Uncertainty Quantification and Causal Considerations for Off-Policy Decision Making
Muhammad Faaiz Taufiq
TL;DR
This thesis tackles robust decision-making under uncertainty by addressing both statistical uncertainty and causal unidentifiability in off-policy evaluation (OPE). It introduces Marginal Density Ratio (MR), a variance-reducing OPE estimator for contextual bandits that focuses on marginal Y shifts rather than joint (X,A,Y) shifts, and provides theoretical and empirical evidence of reduced variance and improved data efficiency.
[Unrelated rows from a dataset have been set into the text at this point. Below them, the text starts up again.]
-- ===== src/Diff/OpenApi/Rules.antt =====
-- The kinds that openapi.py emits below the level of paths.
use living_api_contract_guar.Common.{
  String, Bool, true, false, Option, none, some, List, [], ◌≡◌, refl, arith, string_key, pair_key,
}
use living_api_contract_guar.Common.Dict.{Dict}
use living_api_contract_guar.Json.Value.{Value}
use living_api_contract_guar.Diff.OpenApi.Reading.{required_names, params_by_key}
use living_api_contract_guar.Diff.OpenApi.Schema.{
  Side, request_body, response, added_kind, type_change, required_change, enum_changes, enum_added,
  enum_removed, property_added, property_removed, property_kept, property_changes, diff_schema,
}
use living_api_contract_guar.Diff.OpenApi.Operation.{
  Params, param_added_kind, param_required_change, param_type_change, param_added, param_removed,
  param_kept, param_changes, body_required_change, response_added, response_removed, walk_params,
  walk_body, response_kept, walk_responses, walk_operation,
}
use living_api_contract_guar.Diff.OpenApi.Paths.{
  operation_added, operation_removed, walk_path_item, path_kept, component_kept, walk_components,
}
use living_api_contract_guar.Diff.OpenApi.Known.{
  known, IsKnown, AllKnown, AllKnown-nil, AllKnown-one, AllKnown-append, AllKnown-map,
  AllKnown-collect, Yields, Yields-some, Yields-bind, Yields-then, Yields-loops,
  Yields-unless_both_empty,
}

added_kind-known : (side : Side) (b : Bool) → known (added_kind side b) ≡ true
unfolding known added_kind
added_kind-known request_body true = refl
added_kind-known request_body false = refl
added_kind-known response true = refl
added_kind-known response false = refl

property_removed-IsKnown :
    (side : Side) (l : String) (props : Dict String Value) (required : List String) (name : String)
    → IsKnown (property_removed side l props required name)
unfolding known property_removed
property_removed-IsKnown request_body l props required name = refl
property_removed-IsKnown response l props required name = refl

type_change-AllKnown : (side : Side) (l : String) (v w : Value) → AllKnown (type_change side l v w)
unfolding known type_change
type_change-AllKnown request_body l v w = record { at = ground arith }
type_change-AllKnown response l v w = record { at = ground arith }

required_change-AllKnown :
    (side : Side) (l : String) (b c : Bool) → AllKnown (required_change side l b c)
unfolding known required_change
required_change-AllKnown response l b c = AllKnown-nil
required_change-AllKnown request_body l true true = AllKnown-nil
required_change-AllKnown request_body l false false = AllKnown-nil
required_change-AllKnown request_body l false true = AllKnown-one refl
required_change-AllKnown request_body l true false = AllKnown-one refl

param_added_kind-known : (b : Bool) → known (param_added_kind b) ≡ true
unfolding known param_added_kind
param_added_kind-known true = refl
param_added_kind-known false = refl

param_added-IsKnown :
    (path method : String) (params : Params) (key : String × String)
    → IsKnown (param_added path method params key)
unfolding param_added
param_added-IsKnown path method params key = param_added_kind-known _

param_removed-IsKnown :
    (path method : String) (params : Params) (key : String × String)
    → IsKnown (param_removed path method params key)
unfolding known param_removed
param_removed-IsKnown path method params key = refl

param_required_change-AllKnown :
    (path method : String) (key : String × String) (b c : Bool)
    → AllKnown (param_required_change path method key b c)
unfolding known param_required_change
param_required_change-AllKnown path method key true true = AllKnown-nil
param_required_change-AllKnown path method key false false = AllKnown-nil
param_required_change-AllKnown path method key false true = AllKnown-one refl
param_required_change-AllKnown path method key true false = AllKnown-one refl

param_type_change-AllKnown :
    (path method : String) (key : String × String) (o p : Option String)
    → AllKnown (param_type_change path method key o p)
unfolding known param_type_change
param_type_change-AllKnown path method key o p = record { at = ground arith }

body_required_change-AllKnown :
    (path method : String) (b c : Bool) → AllKnown (body_required_change path method b c)
unfolding known body_required_change
body_required_change-AllKnown path method true true = AllKnown-nil
body_required_change-AllKnown path method false false = AllKnown-nil
body_required_change-AllKnown path method false true = AllKnown-one refl
body_required_change-AllKnown path method true false = AllKnown-one refl

module _ (repr : Value → String) where
  enum_changes-AllKnown :
      (l : String) (d : Dict String Value) (o p : Option (List Value))
      → AllKnown (enum_changes repr l d o p)
  unfolding known enum_changes enum_added enum_removed
  enum_changes-AllKnown l d none p = AllKnown-nil
  enum_changes-AllKnown l d (some vs) none = AllKnown-nil
  enum_changes-AllKnown l d (some vs) (some ws) =
      AllKnown-append (AllKnown-map (enum_added l d) _ (λ v. refl))
        (AllKnown-map (enum_removed l d) _ (λ v. refl))

  property_kept-AllKnown :
      (side : Side) (l : String) (bp ap : Dict String Value) (br ar : List String) (name : String)
      → AllKnown (property_kept repr side l bp ap br ar name)
  unfolding property_kept
  property_kept-AllKnown side l bp ap br ar name =
      AllKnown-append (type_change-AllKnown side _ _ _)
        (AllKnown-append (required_change-AllKnown side _ _ _) (enum_changes-AllKnown _ [] _ _))

  property_changes-AllKnown :
      (side : Side) (l : String) (bp ap : Dict String Value) (br ar : List String)
      → AllKnown (property_changes repr side l bp ap br ar)
  unfolding property_changes property_added
  property_changes-AllKnown side l bp ap br ar =
      AllKnown-append
        (AllKnown-map (property_added side l ap ar) _ (λ name. added_kind-known side _))
        (AllKnown-append
          (AllKnown-map (property_removed side l bp br) _ (property_removed-IsKnown side l bp br))
          (AllKnown-collect _ _ (property_kept-AllKnown side l bp ap br ar)))

  diff_schema-Yields :
      (side : Side) (l : String) (before after : Dict String Value)
      → Yields (diff_schema repr side l before after)
  unfolding diff_schema
  diff_schema-Yields side l before after = Yields-bind (required_names before) _ λ br.
      Yields-bind (required_names after) _
        λ ar. Yields-some (property_changes-AllKnown side l _ _ br ar)

param_kept-AllKnown :
    (path method : String) (bp ap : Params) (key : String × String)
    → AllKnown (param_kept path method bp ap key)
unfolding param_kept
param_kept-AllKnown path method bp ap key =
    AllKnown-append (param_required_change-AllKnown path method key _ _)
      (param_type_change-AllKnown path method key _ _)

param_changes-AllKnown :
    (path method : String) (bp ap : Params) → AllKnown (param_changes path method bp ap)
unfolding param_changes
param_changes-AllKnown path method bp ap =
    AllKnown-append
      (AllKnown-map (param_added path method ap) _ (param_added-IsKnown path method ap))
      (AllKnown-append
        (AllKnown-map (param_removed path method bp) _ (param_removed-IsKnown path method bp))
        (AllKnown-collect _ _ (param_kept-AllKnown path method bp ap)))

module _ (repr : Value → String) (before_spec after_spec : Dict String Value) (path method : String)
    (before_op after_op : Dict String Value) where
  walk_params-Yields :
      Yields (walk_params repr before_spec after_spec path method before_op after_op)
  unfolding walk_params
  walk_params-Yields = Yields-bind (params_by_key repr before_op) _ λ bp.
      Yields-bind (params_by_key repr after_op) _
        λ ap. Yields-some (param_changes-AllKnown path method bp ap)

  walk_body-Yields : Yields (walk_body repr before_spec after_spec path method before_op after_op)
  unfolding walk_body
  walk_body-Yields =
      Yields-then _ _ (Yields-unless_both_empty _ _ _ (diff_schema-Yields repr request_body _ _ _))
        (Yields-some (body_required_change-AllKnown path method _ _))

  response_kept-Yields :
      (code : String)
      → Yields (response_kept repr before_spec after_spec path method before_op after_op code)
  unfolding response_kept
  response_kept-Yields code =
      Yields-unless_both_empty _ _ _ (diff_schema-Yields repr response _ _ _)

  walk_responses-Yields :
      Yields (walk_responses repr before_spec after_spec path method before_op after_op)
  unfolding walk_responses response_added response_removed known
  walk_responses-Yields =
      Yields-loops (response_added path method _) (response_removed path method _) _ _ _ _
        (λ code. refl) (λ code. refl) response_kept-Yields

  walk_operation-Yields :
      Yields (walk_operation repr before_spec after_spec path method before_op after_op)
  unfolding walk_operation
  walk_operation-Yields =
      Yields-then _ _ walk_params-Yields (Yields-then _ _ walk_body-Yields walk_responses-Yields)

module _ (repr : Value → String) (before_spec after_spec : Dict String Value) where
  pub path_kept-Yields : (path : String) → Yields (path_kept repr before_spec after_spec path)
  unfolding path_kept walk_path_item operation_added operation_removed known
  path_kept-Yields path =
      Yields-loops (operation_added path _) (operation_removed path _) _ _ _ _ (λ m. refl)
        (λ m. refl) (λ m. walk_operation-Yields repr before_spec after_spec path m _ _)

  pub walk_components-AllKnown : AllKnown (walk_components repr before_spec after_spec)
  unfolding walk_components component_kept
  walk_components-AllKnown = AllKnown-collect _ _ (λ name. enum_changes-AllKnown repr _ _ _ _)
It further proposes Conformal Off-Policy Prediction (COPP), a finite-sample uncertainty quantification method that yields adaptive predictive intervals for outcomes under a target policy, with guarantees under weighted exchangeability. Finally, it develops longitudinal causal bounds for sequential decision settings that remain valid under arbitrary unmeasured confounding and demonstrates their use for falsifying digital twin models in a real-world case study. Collectively, the work advances robust, uncertainty-aware policy evaluation and validation in both static and dynamic decision-making contexts, with direct applicability to medical, recommender-system, and digital twin domains.
Abstract
Off-policy evaluation (OPE) is a critical challenge in robust decision-making that seeks to assess the performance of a new policy using data collected under a different policy. However, the existing OPE methodologies suffer from several limitations arising from statistical uncertainty as well as causal considerations. In this thesis, we address these limitations by presenting three different works. Firstly, we consider the problem of high variance in the importance-sampling-based OPE estimators. We introduce the Marginal Ratio (MR) estimator, a novel OPE method that reduces variance by focusing on the marginal distribution of outcomes rather than direct policy shifts, improving robustness in contextual bandits. Next, we propose Conformal Off-Policy Prediction (COPP), a principled approach for uncertainty quantification in OPE that provides finite-sample predictive intervals, ensuring robust decision-making in risk-sensitive applications. Finally, we address causal unidentifiability in off-policy decision-making by developing novel bounds for sequential decision settings, which remain valid under arbitrary unmeasured confounding. We apply these bounds to assess the reliability of digital twin models, introducing a falsification framework to identify scenarios where model predictions diverge from real-world behaviour. Our contributions provide new insights into robust decision-making under uncertainty and establish principled methods for evaluating policies in both static and dynamic settings.